**DIRECTIONS FOR THIS TASK**
Your task is to quote the records from their first line through the line containing "(id : String) (os : List OutboxRow)", with nothing added or left out.

**STUDY MATERIAL**

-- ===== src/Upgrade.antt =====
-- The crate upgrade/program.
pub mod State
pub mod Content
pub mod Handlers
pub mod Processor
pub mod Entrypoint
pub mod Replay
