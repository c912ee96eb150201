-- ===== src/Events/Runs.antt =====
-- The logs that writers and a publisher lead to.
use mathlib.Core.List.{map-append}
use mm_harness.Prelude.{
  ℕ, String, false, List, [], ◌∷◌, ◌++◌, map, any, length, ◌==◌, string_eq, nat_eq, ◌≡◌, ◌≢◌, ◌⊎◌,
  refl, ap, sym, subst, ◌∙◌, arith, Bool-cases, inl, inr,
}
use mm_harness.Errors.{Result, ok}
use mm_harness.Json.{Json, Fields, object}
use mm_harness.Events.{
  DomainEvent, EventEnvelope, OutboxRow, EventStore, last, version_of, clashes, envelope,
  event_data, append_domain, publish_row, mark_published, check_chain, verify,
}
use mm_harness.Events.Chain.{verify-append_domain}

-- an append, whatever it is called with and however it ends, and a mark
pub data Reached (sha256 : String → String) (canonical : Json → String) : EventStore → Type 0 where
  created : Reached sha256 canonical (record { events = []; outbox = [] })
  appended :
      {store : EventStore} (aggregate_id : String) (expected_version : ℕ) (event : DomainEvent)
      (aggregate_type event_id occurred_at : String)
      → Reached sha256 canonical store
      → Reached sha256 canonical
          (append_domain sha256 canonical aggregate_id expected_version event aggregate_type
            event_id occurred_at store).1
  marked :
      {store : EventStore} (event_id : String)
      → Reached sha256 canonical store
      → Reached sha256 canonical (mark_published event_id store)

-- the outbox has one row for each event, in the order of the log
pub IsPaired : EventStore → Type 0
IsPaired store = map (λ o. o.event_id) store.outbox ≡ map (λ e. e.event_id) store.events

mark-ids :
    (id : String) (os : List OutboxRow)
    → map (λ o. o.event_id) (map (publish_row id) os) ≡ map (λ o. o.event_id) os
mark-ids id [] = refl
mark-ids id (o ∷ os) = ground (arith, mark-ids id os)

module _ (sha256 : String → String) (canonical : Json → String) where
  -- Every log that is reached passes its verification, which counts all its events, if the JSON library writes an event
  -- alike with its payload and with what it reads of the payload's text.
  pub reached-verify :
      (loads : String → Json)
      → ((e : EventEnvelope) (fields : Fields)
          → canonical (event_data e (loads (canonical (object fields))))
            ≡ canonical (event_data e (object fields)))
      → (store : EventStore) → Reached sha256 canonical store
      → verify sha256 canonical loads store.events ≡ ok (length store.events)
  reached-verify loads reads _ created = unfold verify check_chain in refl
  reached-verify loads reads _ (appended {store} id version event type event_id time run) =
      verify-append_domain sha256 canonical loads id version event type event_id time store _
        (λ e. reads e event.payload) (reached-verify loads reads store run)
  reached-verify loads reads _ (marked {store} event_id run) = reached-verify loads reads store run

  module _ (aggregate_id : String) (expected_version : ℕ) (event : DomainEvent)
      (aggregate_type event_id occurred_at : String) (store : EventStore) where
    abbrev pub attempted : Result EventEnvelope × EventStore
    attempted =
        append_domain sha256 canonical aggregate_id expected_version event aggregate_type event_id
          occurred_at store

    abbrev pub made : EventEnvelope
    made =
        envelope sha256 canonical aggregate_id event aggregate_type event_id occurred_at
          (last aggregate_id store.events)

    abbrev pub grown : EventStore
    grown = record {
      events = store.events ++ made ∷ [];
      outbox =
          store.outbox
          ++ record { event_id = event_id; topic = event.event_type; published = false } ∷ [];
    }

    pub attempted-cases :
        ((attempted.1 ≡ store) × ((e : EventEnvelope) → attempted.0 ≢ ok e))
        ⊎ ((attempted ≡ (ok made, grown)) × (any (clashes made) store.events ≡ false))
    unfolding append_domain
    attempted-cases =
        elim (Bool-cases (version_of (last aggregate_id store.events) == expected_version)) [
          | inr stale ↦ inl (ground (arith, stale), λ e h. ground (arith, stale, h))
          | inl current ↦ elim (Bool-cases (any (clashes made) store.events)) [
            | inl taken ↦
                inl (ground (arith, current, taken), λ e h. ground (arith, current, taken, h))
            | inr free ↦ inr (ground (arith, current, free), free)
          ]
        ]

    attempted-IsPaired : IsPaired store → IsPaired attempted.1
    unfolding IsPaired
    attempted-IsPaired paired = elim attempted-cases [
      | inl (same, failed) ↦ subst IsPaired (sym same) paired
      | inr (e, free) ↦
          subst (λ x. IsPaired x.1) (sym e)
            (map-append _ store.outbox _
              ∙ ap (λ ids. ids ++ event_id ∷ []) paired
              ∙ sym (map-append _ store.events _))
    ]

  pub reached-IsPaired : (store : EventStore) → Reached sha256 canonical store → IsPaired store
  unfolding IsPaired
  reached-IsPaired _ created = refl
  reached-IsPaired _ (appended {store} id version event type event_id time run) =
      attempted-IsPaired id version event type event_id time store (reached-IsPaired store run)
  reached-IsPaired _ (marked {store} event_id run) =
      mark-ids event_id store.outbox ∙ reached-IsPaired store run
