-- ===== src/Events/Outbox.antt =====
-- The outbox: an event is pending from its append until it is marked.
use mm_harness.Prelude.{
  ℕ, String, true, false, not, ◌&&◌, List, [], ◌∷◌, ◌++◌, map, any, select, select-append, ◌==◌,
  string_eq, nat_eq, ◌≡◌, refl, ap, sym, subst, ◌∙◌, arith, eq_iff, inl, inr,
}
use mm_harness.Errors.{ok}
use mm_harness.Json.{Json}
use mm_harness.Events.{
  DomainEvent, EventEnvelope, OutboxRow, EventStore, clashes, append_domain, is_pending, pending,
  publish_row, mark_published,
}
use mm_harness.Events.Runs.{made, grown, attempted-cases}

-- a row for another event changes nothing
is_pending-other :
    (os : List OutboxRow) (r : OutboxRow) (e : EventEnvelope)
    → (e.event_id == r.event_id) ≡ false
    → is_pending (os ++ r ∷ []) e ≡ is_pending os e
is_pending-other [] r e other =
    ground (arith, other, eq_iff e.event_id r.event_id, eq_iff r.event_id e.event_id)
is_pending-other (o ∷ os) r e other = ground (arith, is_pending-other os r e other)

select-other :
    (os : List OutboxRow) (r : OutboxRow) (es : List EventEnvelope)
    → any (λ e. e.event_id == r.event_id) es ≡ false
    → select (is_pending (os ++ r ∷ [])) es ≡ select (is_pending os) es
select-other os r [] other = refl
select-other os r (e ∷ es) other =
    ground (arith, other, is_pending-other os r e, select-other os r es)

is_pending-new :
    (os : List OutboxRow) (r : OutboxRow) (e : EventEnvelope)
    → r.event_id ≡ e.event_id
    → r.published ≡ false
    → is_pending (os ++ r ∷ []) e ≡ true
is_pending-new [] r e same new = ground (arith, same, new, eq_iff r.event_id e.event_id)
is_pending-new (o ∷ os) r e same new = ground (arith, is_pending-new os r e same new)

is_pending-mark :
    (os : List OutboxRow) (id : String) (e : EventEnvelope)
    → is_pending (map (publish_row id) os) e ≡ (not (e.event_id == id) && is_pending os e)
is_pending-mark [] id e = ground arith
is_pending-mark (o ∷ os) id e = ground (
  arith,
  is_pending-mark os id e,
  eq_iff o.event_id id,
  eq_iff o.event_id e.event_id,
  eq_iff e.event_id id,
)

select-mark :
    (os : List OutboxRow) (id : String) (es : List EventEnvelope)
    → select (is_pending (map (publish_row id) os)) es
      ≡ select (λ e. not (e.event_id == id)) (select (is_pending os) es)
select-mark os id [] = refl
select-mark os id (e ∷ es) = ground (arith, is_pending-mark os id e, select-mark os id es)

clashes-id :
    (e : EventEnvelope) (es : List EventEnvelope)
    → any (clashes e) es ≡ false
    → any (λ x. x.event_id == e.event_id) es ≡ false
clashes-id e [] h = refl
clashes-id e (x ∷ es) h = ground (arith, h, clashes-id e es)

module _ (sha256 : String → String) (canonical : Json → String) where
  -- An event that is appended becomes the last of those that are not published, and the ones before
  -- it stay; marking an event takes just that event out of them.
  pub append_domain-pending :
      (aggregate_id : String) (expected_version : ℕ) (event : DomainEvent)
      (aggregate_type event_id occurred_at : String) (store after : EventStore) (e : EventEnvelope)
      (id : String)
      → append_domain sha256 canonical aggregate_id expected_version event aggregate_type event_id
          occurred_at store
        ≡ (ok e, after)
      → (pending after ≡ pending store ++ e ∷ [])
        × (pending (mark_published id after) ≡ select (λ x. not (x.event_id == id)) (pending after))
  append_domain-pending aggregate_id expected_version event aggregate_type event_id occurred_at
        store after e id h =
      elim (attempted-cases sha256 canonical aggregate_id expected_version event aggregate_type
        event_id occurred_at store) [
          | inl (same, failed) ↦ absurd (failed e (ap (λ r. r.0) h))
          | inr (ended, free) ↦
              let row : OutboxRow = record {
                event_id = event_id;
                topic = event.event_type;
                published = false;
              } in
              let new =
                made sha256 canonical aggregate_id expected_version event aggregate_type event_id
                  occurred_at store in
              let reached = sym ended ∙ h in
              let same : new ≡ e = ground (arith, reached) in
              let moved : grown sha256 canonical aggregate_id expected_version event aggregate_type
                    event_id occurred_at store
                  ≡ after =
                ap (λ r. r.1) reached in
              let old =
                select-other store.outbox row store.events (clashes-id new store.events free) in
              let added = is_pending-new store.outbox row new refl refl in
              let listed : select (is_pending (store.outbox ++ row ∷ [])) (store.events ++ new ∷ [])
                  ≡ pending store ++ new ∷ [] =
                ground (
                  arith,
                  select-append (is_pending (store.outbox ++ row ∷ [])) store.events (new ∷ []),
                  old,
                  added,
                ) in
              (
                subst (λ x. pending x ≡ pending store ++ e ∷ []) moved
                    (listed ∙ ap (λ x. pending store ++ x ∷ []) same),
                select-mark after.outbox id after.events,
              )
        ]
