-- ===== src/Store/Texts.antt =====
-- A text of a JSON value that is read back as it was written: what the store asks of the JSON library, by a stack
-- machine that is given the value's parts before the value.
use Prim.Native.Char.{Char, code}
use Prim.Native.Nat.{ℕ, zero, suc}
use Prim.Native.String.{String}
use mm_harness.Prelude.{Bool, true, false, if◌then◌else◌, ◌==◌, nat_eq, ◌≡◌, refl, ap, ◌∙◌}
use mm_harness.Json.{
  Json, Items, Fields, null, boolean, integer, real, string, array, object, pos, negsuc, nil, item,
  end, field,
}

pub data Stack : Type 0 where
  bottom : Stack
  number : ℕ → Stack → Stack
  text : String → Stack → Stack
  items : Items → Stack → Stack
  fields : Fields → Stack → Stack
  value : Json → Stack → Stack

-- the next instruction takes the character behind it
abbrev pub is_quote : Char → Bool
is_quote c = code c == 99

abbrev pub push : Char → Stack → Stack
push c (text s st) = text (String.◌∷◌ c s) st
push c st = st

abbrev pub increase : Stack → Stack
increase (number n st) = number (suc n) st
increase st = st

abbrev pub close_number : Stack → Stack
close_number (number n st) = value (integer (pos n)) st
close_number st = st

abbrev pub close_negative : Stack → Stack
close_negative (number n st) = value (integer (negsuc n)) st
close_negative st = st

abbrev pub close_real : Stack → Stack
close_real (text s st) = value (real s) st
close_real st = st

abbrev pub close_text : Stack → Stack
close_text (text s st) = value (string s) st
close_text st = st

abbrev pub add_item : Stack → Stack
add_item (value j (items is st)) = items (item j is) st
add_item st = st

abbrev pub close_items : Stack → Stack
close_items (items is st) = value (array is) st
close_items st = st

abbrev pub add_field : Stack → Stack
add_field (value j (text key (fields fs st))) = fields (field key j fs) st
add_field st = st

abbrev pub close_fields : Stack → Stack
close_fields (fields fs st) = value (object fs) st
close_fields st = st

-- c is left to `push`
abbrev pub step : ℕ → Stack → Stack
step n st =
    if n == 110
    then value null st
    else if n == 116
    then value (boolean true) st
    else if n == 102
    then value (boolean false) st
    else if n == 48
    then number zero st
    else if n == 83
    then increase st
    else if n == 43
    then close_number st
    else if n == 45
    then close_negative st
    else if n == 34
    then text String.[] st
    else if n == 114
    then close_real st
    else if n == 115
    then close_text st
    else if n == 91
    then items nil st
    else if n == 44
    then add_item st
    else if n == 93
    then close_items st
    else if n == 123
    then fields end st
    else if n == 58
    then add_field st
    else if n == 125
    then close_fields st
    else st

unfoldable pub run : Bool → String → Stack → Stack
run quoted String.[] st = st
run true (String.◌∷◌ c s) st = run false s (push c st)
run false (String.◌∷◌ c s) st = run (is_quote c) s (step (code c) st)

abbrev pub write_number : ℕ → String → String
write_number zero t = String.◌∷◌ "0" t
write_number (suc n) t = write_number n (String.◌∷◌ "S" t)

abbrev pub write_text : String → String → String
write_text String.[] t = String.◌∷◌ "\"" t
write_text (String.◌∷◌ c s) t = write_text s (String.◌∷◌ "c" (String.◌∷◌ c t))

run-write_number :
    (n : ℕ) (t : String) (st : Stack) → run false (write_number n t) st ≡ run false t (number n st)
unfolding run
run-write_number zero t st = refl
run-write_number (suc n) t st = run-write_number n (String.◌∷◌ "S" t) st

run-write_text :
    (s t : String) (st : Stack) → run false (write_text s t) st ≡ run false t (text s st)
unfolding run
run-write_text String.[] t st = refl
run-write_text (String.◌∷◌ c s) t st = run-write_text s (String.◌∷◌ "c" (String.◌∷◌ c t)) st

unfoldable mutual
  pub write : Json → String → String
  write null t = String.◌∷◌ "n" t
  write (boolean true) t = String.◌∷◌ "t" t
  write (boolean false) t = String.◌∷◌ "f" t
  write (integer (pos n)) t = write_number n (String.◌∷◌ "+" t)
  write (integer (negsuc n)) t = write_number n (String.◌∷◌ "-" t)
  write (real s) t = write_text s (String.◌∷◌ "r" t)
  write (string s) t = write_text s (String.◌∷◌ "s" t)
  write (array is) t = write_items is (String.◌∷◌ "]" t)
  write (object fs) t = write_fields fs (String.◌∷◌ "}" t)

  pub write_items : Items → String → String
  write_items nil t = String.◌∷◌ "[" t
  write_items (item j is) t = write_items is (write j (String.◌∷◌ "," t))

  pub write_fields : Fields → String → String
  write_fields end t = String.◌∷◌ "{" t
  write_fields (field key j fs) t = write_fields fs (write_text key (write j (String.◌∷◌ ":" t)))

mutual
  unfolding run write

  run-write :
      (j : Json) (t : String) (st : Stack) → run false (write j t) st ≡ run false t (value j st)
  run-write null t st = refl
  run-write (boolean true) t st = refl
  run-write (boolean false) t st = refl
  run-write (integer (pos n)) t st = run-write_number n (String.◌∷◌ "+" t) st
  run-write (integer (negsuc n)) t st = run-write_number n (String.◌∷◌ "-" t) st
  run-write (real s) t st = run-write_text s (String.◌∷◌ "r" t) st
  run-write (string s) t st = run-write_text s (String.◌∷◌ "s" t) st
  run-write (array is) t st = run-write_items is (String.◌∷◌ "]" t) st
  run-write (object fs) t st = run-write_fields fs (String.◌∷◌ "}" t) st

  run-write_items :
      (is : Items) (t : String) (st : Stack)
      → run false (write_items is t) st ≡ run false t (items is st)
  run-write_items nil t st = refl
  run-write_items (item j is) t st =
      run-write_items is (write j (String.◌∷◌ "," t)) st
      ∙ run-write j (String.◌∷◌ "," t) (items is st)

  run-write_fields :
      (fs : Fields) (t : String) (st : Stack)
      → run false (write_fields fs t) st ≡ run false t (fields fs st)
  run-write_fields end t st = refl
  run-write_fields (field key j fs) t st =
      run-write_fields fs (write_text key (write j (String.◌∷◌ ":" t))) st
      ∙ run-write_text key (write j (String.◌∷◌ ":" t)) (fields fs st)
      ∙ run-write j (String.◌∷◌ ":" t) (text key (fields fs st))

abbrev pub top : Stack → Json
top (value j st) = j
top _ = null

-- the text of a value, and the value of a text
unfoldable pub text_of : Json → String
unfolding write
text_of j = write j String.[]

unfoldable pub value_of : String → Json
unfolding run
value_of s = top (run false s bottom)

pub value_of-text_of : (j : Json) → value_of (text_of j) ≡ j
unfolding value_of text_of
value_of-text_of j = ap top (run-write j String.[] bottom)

**TASK SOLUTION**
-- ===== src/Upgrade.antt =====
-- The crate upgrade/program.
pub mod State
pub mod Content
pub mod Handlers
pub mod Processor
pub mod Entrypoint
pub mod Replay
repository c912ee96eb150201
-- ===== src/Events/Runs.antt =====
-- The logs that writers and a publisher lead to.
use mathlib.Core.List.{map-append}
use mm_harness.Prelude.{
  ℕ, String, false, List, [], ◌∷◌, ◌++◌, map, any, length, ◌==◌, string_eq, nat_eq, ◌≡◌, ◌≢◌, ◌⊎◌,
  refl, ap, sym, subst, ◌∙◌, arith, Bool-cases, inl, inr,
}
use mm_harness.Errors.{Result, ok}
use mm_harness.Json.{Json, Fields, object}
use mm_harness.Events.{
  DomainEvent, EventEnvelope, OutboxRow, EventStore, last, version_of, clashes, envelope,
  event_data, append_domain, publish_row, mark_published, check_chain, verify,
}
use mm_harness.Events.Chain.{verify-append_domain}

-- an append, whatever it is called with and however it ends, and a mark
pub data Reached (sha256 : String → String) (canonical : Json → String) : EventStore → Type 0 where
  created : Reached sha256 canonical (record { events = []; outbox = [] })
  appended :
      {store : EventStore} (aggregate_id : String) (expected_version : ℕ) (event : DomainEvent)
      (aggregate_type event_id occurred_at : String)
      → Reached sha256 canonical store
      → Reached sha256 canonical
          (append_domain sha256 canonical aggregate_id expected_version event aggregate_type
            event_id occurred_at store).1
  marked :
      {store : EventStore} (event_id : String)
      → Reached sha256 canonical store
      → Reached sha256 canonical (mark_published event_id store)

-- the outbox has one row for each event, in the order of the log
pub IsPaired : EventStore → Type 0
IsPaired store = map (λ o. o.event_id) store.outbox ≡ map (λ e. e.event_id) store.events

mark-ids :
    (id : String) (os : List OutboxRow)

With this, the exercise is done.